Curves in projective space

Abstract

This thesis is mainly concerned with classification of nonsingular projective space curves with an emphasis on the degree-genus pairs. In the first chapter, we present basic notions together with a very general notion of an abstract nonsingular curve associated with a function field, which is necessary to understand the problem clearly. Based on Nagata’s work [25], [26], [27], we show that every nonsingular abstract curve can be embedded in some P N and projected to P 3 so that the resulting image is birational to the curve in P N and still nonsingular. As genus is a birational invariant, despite the fact that degree depends on the projective embedding of a curve, curves in P 3 give the most general setting for classification of possible degree-genus pairs.
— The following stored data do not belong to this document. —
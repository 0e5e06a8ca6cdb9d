-- ===== src/Script/Parser/Moves.antt =====
-- A read of `parseNextOp` stays inside the script, and one that succeeds moves the counter.
use native.Mathlib.Decide.{dec_lt}
use boxd.Prelude.{
  ℕ, zero, suc, ◌+◌, ◌-◌, ◌<◌, ◌≤◌, ◌≡◌, refl, Bool, true, false, ◌⊎◌, inl, inr, Option, none, some,
  List, [], ◌∷◌, length, get_elem?, take, slice, slice?, ltb, lt→ltb, le→ltb, le→leb, lt→leb, ◌==◌,
  if◌then◌else◌, arith,
}
use boxd.Script.Builder.{Script}
use boxd.Script.Bytes.{uint}
use boxd.Script.Error.{
  Error, failed, script_bound, no_enough_data_op_pushdata1, no_enough_data_op_pushdata2,
  no_enough_data_op_pushdata4,
}
use boxd.Script.Opcode.{op_pushdata1, op_pushdata2, op_pushdata4}
use boxd.Script.Parser.{
  Parsed, read_operand, read_data1, read_data2, read_data4, missing_size, parse_next_op,
}

-- What a read from `pc` leaves: an error, or a counter past `pc` and not past the script's end. A
-- panic is neither.
pub data Reads (s : Script) (pc : ℕ) : Parsed → Type 0 where
  stops : (op pc' : ℕ) (e : Error) → Reads s pc (missing_size op pc' e)
  reads :
      (op pc' : ℕ) (o : Option (List ℕ))
      → pc < pc'
      → pc' ≤ length s
      → Reads s pc (record { op_code = op; operand = o; pc = pc'; failure = none })

Reads-if :
    (s : Script) (pc : ℕ) (b : Bool) (x y : Parsed)
    → Reads s pc x
    → Reads s pc y
    → Reads s pc (if b then x else y)
Reads-if s pc true x y hx hy = hx
Reads-if s pc false x y hx hy = hy

get_elem?-in : (s : List ℕ) (i : ℕ) → i < length s → (a : ℕ) × (get_elem? s i ≡ some a)
get_elem?-in [] i h = absurd (omega arith)
get_elem?-in (x ∷ s) zero h = (x, refl)
get_elem?-in (x ∷ s) (suc i) h = get_elem?-in s i (omega arith)

slice?-in : (s : List ℕ) (a b : ℕ) → a ≤ b → b ≤ length s → slice? s a b ≡ some (slice s a b)
unfolding slice?
slice?-in s a b h k = rw (le→leb a b h, le→leb b (length s) k) refl

module _ (s : Script) (op pc : ℕ) where
  Reads-read_operand :
      (pc' size : ℕ) → pc < pc' → pc' ≤ length s → Reads s pc (read_operand s op pc' size)
  unfolding read_operand
  Reads-read_operand pc' size h inside = elim (dec_lt (length s - pc') size) [
    | yes few ↦ rw (lt→ltb (length s - pc') size few) (stops op pc' script_bound)
    | no fits ↦
        rw
          (
            le→ltb (length s - pc') size (omega arith),
            slice?-in s pc' (pc' + size) (omega arith) (omega arith),
          )
          (reads op (pc' + size) _ (omega arith) (omega arith))
  ]

  -- Behind the opcode, the bytes of the size.
  Reads-read_data1 : pc < length s → Reads s pc (read_data1 s op (pc + 1))
  unfolding read_data1
  Reads-read_data1 h = elim (dec_lt (length s - (pc + 1)) 1) [
    | yes few ↦
        rw (lt→ltb (length s - (pc + 1)) 1 few) (stops op (pc + 1) no_enough_data_op_pushdata1)
    | no fits ↦
        let (size, e) = get_elem?-in s (pc + 1) (omega arith) in
        rw (le→ltb (length s - (pc + 1)) 1 (omega arith), e)
          (Reads-read_operand (pc + 1 + 1) size (omega arith) (omega arith))
  ]

  Reads-read_data2 : pc < length s → Reads s pc (read_data2 s op (pc + 1))
  unfolding read_data2
  Reads-read_data2 h = elim (dec_lt (length s - (pc + 1)) 2) [
    | yes few ↦
        rw (lt→ltb (length s - (pc + 1)) 2 few) (stops op (pc + 1) no_enough_data_op_pushdata2)
    | no fits ↦
        rw
          (
            le→ltb (length s - (pc + 1)) 2 (omega arith),
            slice?-in s (pc + 1) (pc + 1 + 2) (omega arith) (omega arith),
          )
          (Reads-read_operand (pc + 1 + 2) (uint (slice s (pc + 1) (pc + 1 + 2))) (omega arith)
            (omega arith))
  ]

  Reads-read_data4 : pc < length s → Reads s pc (read_data4 s op (pc + 1))
  unfolding read_data4
  Reads-read_data4 h = elim (dec_lt (length s - (pc + 1)) 4) [
    | yes few ↦
        rw (lt→ltb (length s - (pc + 1)) 4 few) (stops op (pc + 1) no_enough_data_op_pushdata4)
    | no fits ↦
        rw
          (
            le→ltb (length s - (pc + 1)) 4 (omega arith),
            slice?-in s (pc + 1) (pc + 1 + 4) (omega arith) (omega arith),
          )
          (Reads-read_operand (pc + 1 + 4) (uint (take 2 (slice s (pc + 1) (pc + 1 + 4))))
            (omega arith) (omega arith))
  ]

-- Each read of `parseNextOp` is an error or moves on inside the script.
pub Reads-parse_next_op : (s : Script) (pc : ℕ) → Reads s pc (parse_next_op s pc)
unfolding parse_next_op
Reads-parse_next_op s pc = elim (dec_lt pc (length s)) [
  | no over ↦ rw (le→leb (length s) pc (omega arith)) (stops 0 pc script_bound)
  | yes more ↦
      let (op, e) = get_elem?-in s pc more in
      rw (lt→leb pc (length s) more, e)
        (Reads-if s pc (ltb op_pushdata4 op) _ _
          (reads op (pc + 1) none (omega arith) (omega arith))
          (Reads-if s pc (ltb op op_pushdata1) (read_operand s op (pc + 1) op) _
            (Reads-read_operand s op pc (pc + 1) op (omega arith) (omega arith))
            (Reads-if s pc (op == op_pushdata1) (read_data1 s op (pc + 1)) _
              (Reads-read_data1 s op pc more)
              (Reads-if s pc (op == op_pushdata2) (read_data2 s op (pc + 1))
                (read_data4 s op (pc + 1)) (Reads-read_data2 s op pc more)
                (Reads-read_data4 s op pc more)))))
]

Reads-cases :
    (s : Script) (pc : ℕ) (p : Parsed)
    → Reads s pc p
    → ((p.failure ≡ none) × (pc < p.pc) × (p.pc ≤ length s))
      ⊎ ((e : Error) × (p.failure ≡ some (failed e)))
Reads-cases s pc _ (stops op pc' e) = unfold missing_size in inr (e, refl)
Reads-cases s pc _ (reads op pc' o moves inside) = inl (refl, moves, inside)

pub parse_next_op-cases :
    (s : Script) (pc : ℕ)
    → (((parse_next_op s pc).failure ≡ none)
        × (pc < (parse_next_op s pc).pc)
        × ((parse_next_op s pc).pc ≤ length s))
      ⊎ ((e : Error) × ((parse_next_op s pc).failure ≡ some (failed e)))
parse_next_op-cases s pc = Reads-cases s pc (parse_next_op s pc) (Reads-parse_next_op s pc)
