-- ===== src/Script/Interp/Termination.antt =====
-- Every run of a script ends with success or with an error of the package.
use boxd.Prelude.{
  ℕ, zero, suc, ◌+◌, ◌≤◌, ◌<◌, ◌≡◌, ◌⊎◌, inl, inr, Bool, true, false, not, ◌&&◌, subst, [], length,
  drop, leb, le→leb, ◌==◌, if◌then◌else◌, arith,
}
use boxd.Prelude.Result.{Result, ok, err}
use boxd.Types.Transaction.{Transaction}
use boxd.Script.Builder.{Script}
use boxd.Script.Error.{Error, encounter_op_return, bad_opcode}
use boxd.Prelude.Ends.{
  Ends, returns, fails, Ends-if, ends_rules, Ends-cases, Ends-bind, ok-bind, ok-injective,
}
use boxd.Script.MultiSig.Ends.{Ends-check_multi_sig}
use boxd.Script.Opcode.{OpCode, op_pushdata4, op_16, op_reserved, op_codeseparator}
use boxd.Script.Parser.{Parsed, missing_size, parse_next_op}
use boxd.Script.Parser.Moves.{Reads, stops, reads, Reads-parse_next_op, parse_next_op-cases}
use boxd.Script.Signature.{Crypto, verify_sig}
use boxd.Script.Interp.Steps.{
  step-run, step-fail, step-failure, eval_loop-more, eval_loop-err, eval_loop-over,
}
use native.Mathlib.Decide.{dec_lt}
use boxd.Script.Stack.{Operand, Stack, validate_top}
use boxd.Script.Interp.{
  operand_bytes, or_panic, locking_script, finish_check, exec_drop, exec_dup, exec_arith,
  exec_equal, exec_check_lock_time, exec_hash160, exec_check_sig, exec_check_multi_sig,
  exec_stack_op, exec_op, step, eval_loop, evaluate, validate,
}

Ends-finish_check :
    (v : Bool) (e : Error) (r : Bool) (stack : Stack) → Ends (finish_check v e r stack)
unfolding finish_check
Ends-finish_check v e r stack = search ends_rules

Ends-exec_drop : (stack : Stack) → Ends (exec_drop stack)
unfolding exec_drop
Ends-exec_drop stack = search ends_rules

Ends-exec_dup : (stack : Stack) → Ends (exec_dup stack)
unfolding exec_dup
Ends-exec_dup stack = search ends_rules

Ends-exec_arith : (op : OpCode) (stack : Stack) → Ends (exec_arith op stack)
unfolding exec_arith
Ends-exec_arith op stack = search ends_rules

Ends-exec_equal : (op : OpCode) (stack : Stack) → Ends (exec_equal op stack)
unfolding exec_equal
Ends-exec_equal op stack = search (ends_rules, Ends-finish_check)

Ends-exec_check_lock_time : (t : ℕ) (stack : Stack) → Ends (exec_check_lock_time t stack)
unfolding exec_check_lock_time
Ends-exec_check_lock_time t stack = search ends_rules

Ends-validate_top : (stack : Stack) → Ends (validate_top stack)
unfolding validate_top
Ends-validate_top stack = search ends_rules

module _ (crypto : Crypto) (s : Script) (tx : Transaction) (tx_in_idx : ℕ) where
  Ends-exec_hash160 : (stack : Stack) → Ends (exec_hash160 crypto stack)
  unfolding exec_hash160
  Ends-exec_hash160 stack = search ends_rules

  -- The locking script starts inside the script.
  Ends-locking_script : (start : ℕ) → start ≤ length s → Ends (locking_script s start)
  unfolding locking_script
  Ends-locking_script start h = rw (le→leb start (length s) h) (returns (drop start s))

  Ends-exec_check_sig :
      (op : OpCode) (start : ℕ) (stack : Stack)
      → start ≤ length s
      → Ends (exec_check_sig crypto s tx tx_in_idx op start stack)
  unfolding exec_check_sig
  Ends-exec_check_sig op start stack h = search (ends_rules, Ends-finish_check, Ends-locking_script)

  Ends-exec_check_multi_sig :
      (op : OpCode) (start : ℕ) (stack : Stack)
      → start ≤ length s
      → Ends (exec_check_multi_sig crypto s tx tx_in_idx op start stack)
  unfolding exec_check_multi_sig
  Ends-exec_check_multi_sig op start stack h =
      Ends-bind (locking_script s start) _ (Ends-locking_script start h) (λ lock.
        Ends-check_multi_sig (λ sig key. verify_sig crypto sig key lock tx tx_in_idx) op stack)

  Ends-exec_stack_op :
      (op : OpCode) (start : ℕ) (stack : Stack)
      → start ≤ length s
      → Ends (exec_stack_op crypto s tx tx_in_idx op start stack)
  unfolding exec_stack_op
  Ends-exec_stack_op op start stack h = Ends-if _ _ _ (fails encounter_op_return) (
      Ends-if _ _ _ (Ends-exec_drop stack) (
        Ends-if _ _ _ (Ends-exec_dup stack) (
          Ends-if _ _ _ (Ends-exec_arith op stack) (
            Ends-if _ _ _ (Ends-exec_equal op stack) (
              Ends-if _ _ _ (Ends-exec_hash160 stack) (
                Ends-if _ _ _ (Ends-exec_check_sig op start stack h) (
                  Ends-if _ _ _ (Ends-exec_check_multi_sig op start stack h) (
                    Ends-if _ _ _ (Ends-exec_check_lock_time tx.lock_time stack)
                      (fails bad_opcode)))))))))

  Ends-exec_op :
      (op : OpCode) (o : Operand) (pc start : ℕ) (stack : Stack)
      → start ≤ length s
      → Ends (exec_op crypto s op o tx tx_in_idx pc start stack)
  unfolding exec_op
  Ends-exec_op op o pc start stack h = search (ends_rules, Ends-exec_stack_op)

  -- The start of the locking script stays, or is the counter.
  exec_op-start :
      (op : OpCode) (o : Operand) (pc start : ℕ) (stack : Stack) (r : ℕ × Stack)
      → start ≤ length s
      → pc ≤ length s
      → exec_op crypto s op o tx tx_in_idx pc start stack ≡ ok r
      → r.0 ≤ length s
  unfolding exec_op
  exec_op-start op o pc start stack r hs hp =
      Starts-if _ (leb op op_pushdata4) _ _ (λ e. Starts-ok _ _ hs e)
        (Starts-if _ (leb op op_16 && not (op == op_reserved)) _ _ (λ e. Starts-ok _ _ hs e)
          (Starts-if _ (op == op_codeseparator) _ _ (λ e. Starts-ok _ _ hp e)
            (λ e.
              let (st, run, e) =
                ok-bind (exec_stack_op crypto s tx tx_in_idx op start stack) _ r e in
              Starts-ok _ _ hs e)))
    where
      Starts-ok :
          (q q' : ℕ × Stack)
          → q.0 ≤ length s
          → ◌≡◌ {A = Result Error (ℕ × Stack)} (ok q) (ok q')
          → q'.0 ≤ length s
      Starts-ok q q' h e = subst (λ t. t.0 ≤ length s) (ok-injective {E = Error} q q' e) h

      Starts-if :
          (q : ℕ × Stack) (b : Bool) (x y : Result Error (ℕ × Stack))
          → (x ≡ ok q → q.0 ≤ length s)
          → (y ≡ ok q → q.0 ≤ length s)
          → (if b then x else y) ≡ ok q
          → q.0 ≤ length s
      Starts-if q true x y hx hy = hx
      Starts-if q false x y hx hy = hy

  -- A round ends, and a round that succeeds moves the counter and keeps the locking script inside.
  step-ends :
      (pc start : ℕ) (stack : Stack)
      → start ≤ length s
      → ((r : ℕ × ℕ × Stack) × (step crypto s tx tx_in_idx pc start stack ≡ ok r)
          × (pc < r.0)
          × (r.1 ≤ length s))
        ⊎ ((e : Error) × (step crypto s tx tx_in_idx pc start stack ≡ err e))
  step-ends pc start stack h =
      let p = parse_next_op s pc in
      elim (parse_next_op-cases s pc) [
        | inl (good, moves, inside) ↦
            elim (Ends-cases _
              (Ends-exec_op p.op_code (operand_bytes p.operand) p.pc start stack h)) [
                | inl (r, e) ↦ inl (
                  (p.pc, r.0, r.1),
                  step-run crypto s tx tx_in_idx pc start stack r good e,
                  moves,
                  exec_op-start p.op_code (operand_bytes p.operand) p.pc start stack r h inside e,
                )
                | inr (x, e) ↦ inr (x, step-fail crypto s tx tx_in_idx pc start stack x good e)
              ]
        | inr (e, bad) ↦ inr (e, step-failure crypto s tx tx_in_idx pc start stack e bad)
      ]

  Ends-eval_loop :
      (fuel pc start : ℕ) (stack : Stack)
      → start ≤ length s
      → length s ≤ pc + fuel
      → Ends (eval_loop crypto fuel s tx tx_in_idx pc start stack)
  Ends-eval_loop zero pc start stack hs h =
      rw (eval_loop-over crypto s tx tx_in_idx zero pc start stack (omega arith)) (returns stack)
  Ends-eval_loop (suc fuel) pc start stack hs h = elim (dec_lt pc (length s)) [
    | yes more ↦ elim (step-ends pc start stack hs) [
      | inl (r, e, moves, inside) ↦
          rw (eval_loop-more crypto s tx tx_in_idx fuel pc start stack r more e)
            (Ends-eval_loop fuel r.0 r.1 r.2 inside (omega arith))
      | inr (x, e) ↦ rw (eval_loop-err crypto s tx tx_in_idx fuel pc start stack x more e) (fails x)
    ]
    | no over ↦
        rw (eval_loop-over crypto s tx tx_in_idx (suc fuel) pc start stack (omega arith))
          (returns stack)
  ]

  Ends-evaluate : Ends (evaluate crypto s tx tx_in_idx)
  unfolding evaluate
  Ends-evaluate =
      Ends-bind (eval_loop crypto (length s) s tx tx_in_idx 0 0 []) _
        (Ends-eval_loop (length s) 0 0 [] (omega arith) (omega arith)) (λ st. Ends-validate_top st)

-- The reads of a pay-to-script-hash spend, whose errors are not looked at.
Ends-or_panic : (s : Script) (pc : ℕ) → Ends (or_panic (parse_next_op s pc))
unfolding or_panic
Ends-or_panic s pc = by_read (parse_next_op s pc) (Reads-parse_next_op s pc)
  where
    by_read : (p : Parsed) → Reads s pc p → Ends (or_panic p)
    by_read _ (stops op pc' e) = unfold missing_size in returns _
    by_read _ (reads op pc' o moves inside) = returns _

Ends-validate :
    (crypto : Crypto) (script_sig script_pub_key : Script) (tx : Transaction) (tx_in_idx : ℕ)
    → Ends (validate crypto script_sig script_pub_key tx tx_in_idx)
unfolding validate
Ends-validate crypto script_sig script_pub_key tx tx_in_idx =
    search (ends_rules, Ends-evaluate, Ends-or_panic)

-- Whatever the bytes of the two scripts, `Validate` returns success or one of the package's errors:
-- it does not panic, since no index or slice of `parseNextOp` and no start of the locking script is
-- out of range, and each run of a script ends within as many rounds as the script has bytes.
pub validate_ends :
    (crypto : Crypto) (script_sig script_pub_key : Script) (tx : Transaction) (tx_in_idx : ℕ)
    → (validate crypto script_sig script_pub_key tx tx_in_idx ≡ ok tt)
      ⊎ ((e : Error) × (validate crypto script_sig script_pub_key tx tx_in_idx ≡ err e))
validate_ends crypto script_sig script_pub_key tx tx_in_idx =
    elim (Ends-cases _ (Ends-validate crypto script_sig script_pub_key tx tx_in_idx)) [
      | inl (a, e) ↦ inl e
      | inr x ↦ inr x
    ]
The first notable attempt to classify nonsingular space curves is given in the works of Halphen [11], and Noether [28]. Trying to find valid bounds for the genus of such a curve depending upon its degree, Halphen stated a correct result for these bounds with a wrong claim of construction of such curves with prescribed degree-genus pairs on a cubic surface. The fault in the existence statement of Halphen’s work was corrected later by the works of Gruson, Peskine [9], [10], and Mori [21], which proved the existence of such curves on quartic surfaces. In Chapter 2, we present how the fault appearing in Halphen’s work has been corrected along the lines of Gruson, Peskine, and Mori’s work in addition to some trivial cases such as genus 0, 1, and 2 together with hyperelliptic, and canonical curves.